The number of outputs depends on:

  1. Base Dataset Configuration: Number of iterations from the dataset-specific parameters
  2. Number of LLM Providers: Each provider will generate its own set of outputs
  3. Prompt Expansion: Multiplies outputs based on combinatorial expansion or random sampling

For example, with RawDataset:

Total outputs = document_types × topics × languages × num_samples_per_prompt × num_providers × expansion_combinations

For MCQDataset:

Total questions = source_documents × num_samples_per_prompt × languages × num_providers × expansion_combinations

Performance Considerations

Keep these tips in mind when using prompt expansion:

  • API Costs: More expansions mean more API calls to LLM providers
  • Safety Limits: The max_samples parameter prevents accidental generation of too many prompts.

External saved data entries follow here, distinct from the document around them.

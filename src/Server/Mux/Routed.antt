-- ===== src/Server/Mux/Routed.antt =====
-- server/mux.go: where the handlers of `MuxServer` send a request.
use ae_ro_go.Base.{
  ◌≡◌, ◌≢◌, refl, ap, ◌∙◌, ◌⊎◌, inl, inr, true, false, List, [], ◌∷◌, ◌++◌, Bytes, bytes_eq,
  bytes_eq_iff, Option, none, some, Bool-cases, Option-cases, drop-append_self, arith,
}
use ae_ro_go.Util.Ema.{Float}
use ae_ro_go.Util.Text.{has_prefix}
use ae_ro_go.Util.Text.Parts.{Lacks}
use ae_ro_go.Server.Manager.{Manager}
use ae_ro_go.Server.Registry.{Server}
use ae_ro_go.Server.Mux.{Balancer, select_port, trim_suffix, domain_route}
use ae_ro_go.Server.Mux.Handlers.{
  Ctx, Handled, not_found, forwarded, failed, panicked, trim_prefix, url_to, forward, path_target,
  Handler, path_handler, domain_handler, mux_server,
}
use ae_ro_go.Server.Mux.Offers.{Offered, select_port-Offered}
use ae_ro_go.Server.Mux.Select.{domain_route_lem, domain_route_panics}

-- The answer to a request that is sent on to a port.
abbrev pub sent_on : (Bytes → Option Bytes) → Ctx → Bytes → Bytes → Handled
sent_on answer c port target = elim (answer (url_to c port target)) [
  | none ↦ forwarded (url_to c port target) c.ip
  | some why ↦ failed (url_to c port target) why
]

forward_port :
    (answer : Bytes → Option Bytes) (c : Ctx) (port target : Bytes)
    → port ≢ []
    → forward answer c port target ≡ sent_on answer c port target
unfolding forward
forward_port answer c [] target h = absurd (h refl)
forward_port answer c (b ∷ port) target h = refl

has_prefix-append : (p s : Bytes) → has_prefix (p ++ s) p ≡ true
unfolding has_prefix
has_prefix-append [] s = refl
has_prefix-append (b ∷ p) s = ground (arith, has_prefix-append p s)

-- The tag and the name are cut off the path, if it starts with them.
pub path_target_lem :
    (c : Ctx) (rest : Bytes)
    → c.original_url ≡ (b'/' ∷ (c.param_tag ++ (b'/' ∷ c.param_name))) ++ rest
    → path_target c ≡ rest
unfolding path_target trim_prefix
path_target_lem c rest h =
    let front = b'/' ∷ (c.param_tag ++ (b'/' ∷ c.param_name)) in
    rw (h, has_prefix-append front rest) (drop-append_self front rest)

module _ (float : Float) where
  -- The tag, the name and the target of a request, in the mode that the domain gives.
  abbrev pub RoutesTo : Bytes → Ctx → Bytes → Bytes → Bytes → Type 0
  RoutesTo domain c tag name target =
      ((domain ≡ []) × (tag ≡ c.param_tag) × (name ≡ c.param_name) × (target ≡ path_target c))
      ⊎ ((domain ≢ [])
          × (domain_route c.hostname domain ≡ some (tag, name))
          × (target ≡ c.original_url))

  -- What the handler does for a tag and a name: status 404, if no port is offered or the one that is
  -- chosen is empty, or the request goes on to an offered port of this machine.
  abbrev pub Routed :
      (Bytes → Option Bytes)
      → Server float
      → List (Manager float)
      → Ctx
      → Bytes
      → Bytes
      → Bytes
      → Handled
      → Type 0
  Routed answer s visited c tag name target handled =
      ((handled ≡ not_found)
        × (((port : Bytes) → ¬ Offered float s visited tag name port)
            ⊎ Offered float s visited tag name []))
      ⊎ ((port : Bytes) × Offered float s visited tag name port
          × (port ≢ [])
          × (handled ≡ sent_on answer c port target))

  forward-Routed :
      (answer : Bytes → Option Bytes) (s : Server float) (visited : List (Manager float))
      (balancer : Balancer) (c : Ctx) (tag name target : Bytes)
      → Routed answer s visited c tag name target
          (forward answer c (select_port float s visited balancer tag name).0 target)
  forward-Routed answer s visited balancer c tag name target =
      elim (select_port-Offered float s visited balancer tag name) [
        | inl (empty, nobody) ↦ inl (rw empty (unfold forward in refl), inl nobody)
        | inr offered ↦ go (select_port float s visited balancer tag name).0 offered
      ]
    where
      go :
          (port : Bytes)
          → Offered float s visited tag name port
          → Routed answer s visited c tag name target (forward answer c port target)
      go [] offered = inl (unfold forward in refl, inr offered)
      go (b ∷ port) offered =
          let filled : b ∷ port ≢ [] = λ e. cc in
          inr (b ∷ port, offered, filled, forward_port answer c (b ∷ port) target filled)

  path_handler-Routed :
      (answer : Bytes → Option Bytes) (s : Server float) (visited : List (Manager float))
      (balancer : Balancer) (c : Ctx)
      → Routed answer s visited c c.param_tag c.param_name
          (path_target c)
          (path_handler float answer s visited balancer c).0
  unfolding path_handler
  path_handler-Routed answer s visited balancer c =
      forward-Routed answer s visited balancer c c.param_tag c.param_name (path_target c)

  domain_handler-Routed :
      (domain : Bytes) (answer : Bytes → Option Bytes) (s : Server float)
      (visited : List (Manager float)) (balancer : Balancer) (c : Ctx) (tag name : Bytes)
      → domain_route c.hostname domain ≡ some (tag, name)
      → Routed answer s visited c tag name c.original_url
          (domain_handler float domain answer s visited balancer c).0
  unfolding domain_handler
  domain_handler-Routed domain answer s visited balancer c tag name e =
      let done : (domain_handler float domain answer s visited balancer c).0
          ≡ forward answer c (select_port float s visited balancer tag name).0 c.original_url =
        rw (domain_handler, e) refl in
      rw done (forward-Routed answer s visited balancer c tag name c.original_url)

  -- With an address, `MuxServer` has a handler. It reads tag and name off the path, or off the host
  -- if there is a domain; then the request goes, with the rest of the path or with the whole url, to
  -- a port that a proxy of that name has at a client of that tag or id, or the answer is 404. Only a
  -- host that has no tag and name makes it panic.
  pub mux_server-Routed :
      (addr domain : Bytes) (answer : Bytes → Option Bytes) (s : Server float)
      (visited : List (Manager float)) (balancer : Balancer) (c : Ctx)
      → addr ≢ []
      → (handler : Handler float) × (mux_server float addr domain ≡ some handler)
        × (((tag name target : Bytes) × RoutesTo domain c tag name target
              × Routed answer s visited c tag name target (handler answer s visited balancer c).0)
            ⊎ ((domain ≢ [])
                × (domain_route c.hostname domain ≡ none)
                × ((handler answer s visited balancer c).0 ≡ panicked)))
  unfolding mux_server domain_handler
  mux_server-Routed addr domain answer s visited balancer c h =
      let on : bytes_eq addr [] ≡ false = ground (arith, bytes_eq_iff addr []) in
      elim (Bool-cases (bytes_eq domain [])) [
        | inl t ↦ (
          path_handler float,
          rw (on, t) refl,
          inl (
            c.param_tag,
            c.param_name,
            path_target c,
            inl ((bytes_eq_iff domain []).0 t, refl, refl, refl),
            path_handler-Routed answer s visited balancer c,
          ),
        )
        | inr f ↦
            let some_domain : domain ≢ [] = λ e. cc (f, (bytes_eq_iff domain []).1 e) in
            (
              domain_handler float domain,
              rw (on, f) refl,
              elim (Option-cases (domain_route c.hostname domain)) [
                | inl n ↦ inr (some_domain, n, rw (domain_handler, n) refl)
                | inr ((tag, name), e) ↦ inl (
                  tag,
                  name,
                  c.original_url,
                  inr (some_domain, e, refl),
                  domain_handler-Routed domain answer s visited balancer c tag name e,
                )
              ],
            )
      ]

  -- A request for the host `<tag>.<name>.<domain>`, with no dot in the tag and none in the name, is
  -- sent on with its whole url to an offered port, if there is one and none is empty.
  pub domain_handler-sent_on :
      (domain : Bytes) (answer : Bytes → Option Bytes) (s : Server float)
      (visited : List (Manager float)) (balancer : Balancer) (c : Ctx) (tag name port : Bytes)
      → Lacks b'.' tag
      → Lacks b'.' name
      → c.hostname ≡ (tag ++ (b'.' ∷ (name ++ (b'.' ∷ [])))) ++ domain
      → Offered float s visited tag name port
      → ¬ Offered float s visited tag name []
      → (chosen : Bytes) × Offered float s visited tag name chosen
        × ((domain_handler float domain answer s visited balancer c).0
            ≡ sent_on answer c chosen c.original_url)
  domain_handler-sent_on domain answer s visited balancer c tag name port ht hn host offered full =
      let route = ap (λ h. domain_route h domain) host ∙ domain_route_lem tag name domain ht hn in
      elim (domain_handler-Routed domain answer s visited balancer c tag name route) [
        | inl (lost, inl nobody) ↦ absurd (nobody port offered)
        | inl (lost, inr empty) ↦ absurd (full empty)
        | inr (chosen, o, filled, e) ↦ (chosen, o, e)
      ]

  -- A host that has no dot once the domain is trimmed from its end makes the handler panic.
  pub domain_handler_panics :
      (domain : Bytes) (answer : Bytes → Option Bytes) (s : Server float)
      (visited : List (Manager float)) (balancer : Balancer) (c : Ctx)
      → Lacks b'.' (trim_suffix c.hostname domain)
      → domain_handler float domain answer s visited balancer c ≡ (panicked, balancer)
  unfolding domain_handler
  domain_handler_panics domain answer s visited balancer c h =
      rw (domain_handler, domain_route_panics c.hostname domain h) refl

By default, it is set to 1000.
  • Prefer Random Sampling: For very large expansion spaces, use random sampling instead of combinatorial expansion

Under the Hood: The expand_prompts Function

Datafast implements prompt expansion using the expand_prompts function. This function is used internally by dataset classes, but you can also use it directly for custom applications:

from datafast.expanders import expand_prompts

templates = ["Tell me about {{animal}} in {{environment}}"]
placeholders = {
    "animal": ["lions", "dolphins", "eagles"],
    "environment": ["desert", "ocean", "mountain"]
}

# Combinatorial expansion (all combinations)
expanded = expand_prompts(
    prompt_templates=templates,
    placeholders=placeholders,
    combinatorial=True
)

# Random sampling (5 random combinations)
expanded_random = expand_prompts(
    prompt_templates=templates,
    placeholders=placeholders,
    combinatorial=False,
    num_random_samples=5
)

Each expansion returns both the expanded prompt and metadata about which values were used for each placeholder.

Best Practices

  • Start Small: Begin with a small number of placeholders and values to understand the expansion
  • Monitor Expansion Size: Check the expected number of outputs before running the full generation
  • Use Meaningful Variations: Choose placeholder values that create meaningfully different prompts
  • Balance Coverage vs. Volume: Decide whether complete coverage (combinatorial) or sampling is more appropriate
  • Use Multiple Providers: Combine prompt expansion with multiple LLM providers for maximum diversity

Common Pitfalls

  • Too Many Combinations: Avoid creating too many combinations which can lead to excessive API costs
  • Missing Mandatory Placeholders: Ensure all required placeholders for your dataset type are included
  • Inconsistent Placeholder Format: Use single curly braces for mandatory placeholders and double for optional ones
  • Unclear Expansions: Having too many placeholders can make it hard to interpret the results
  • Conflicting Placeholders: Be careful with prompt expansion as some combinations may lead to nonsense!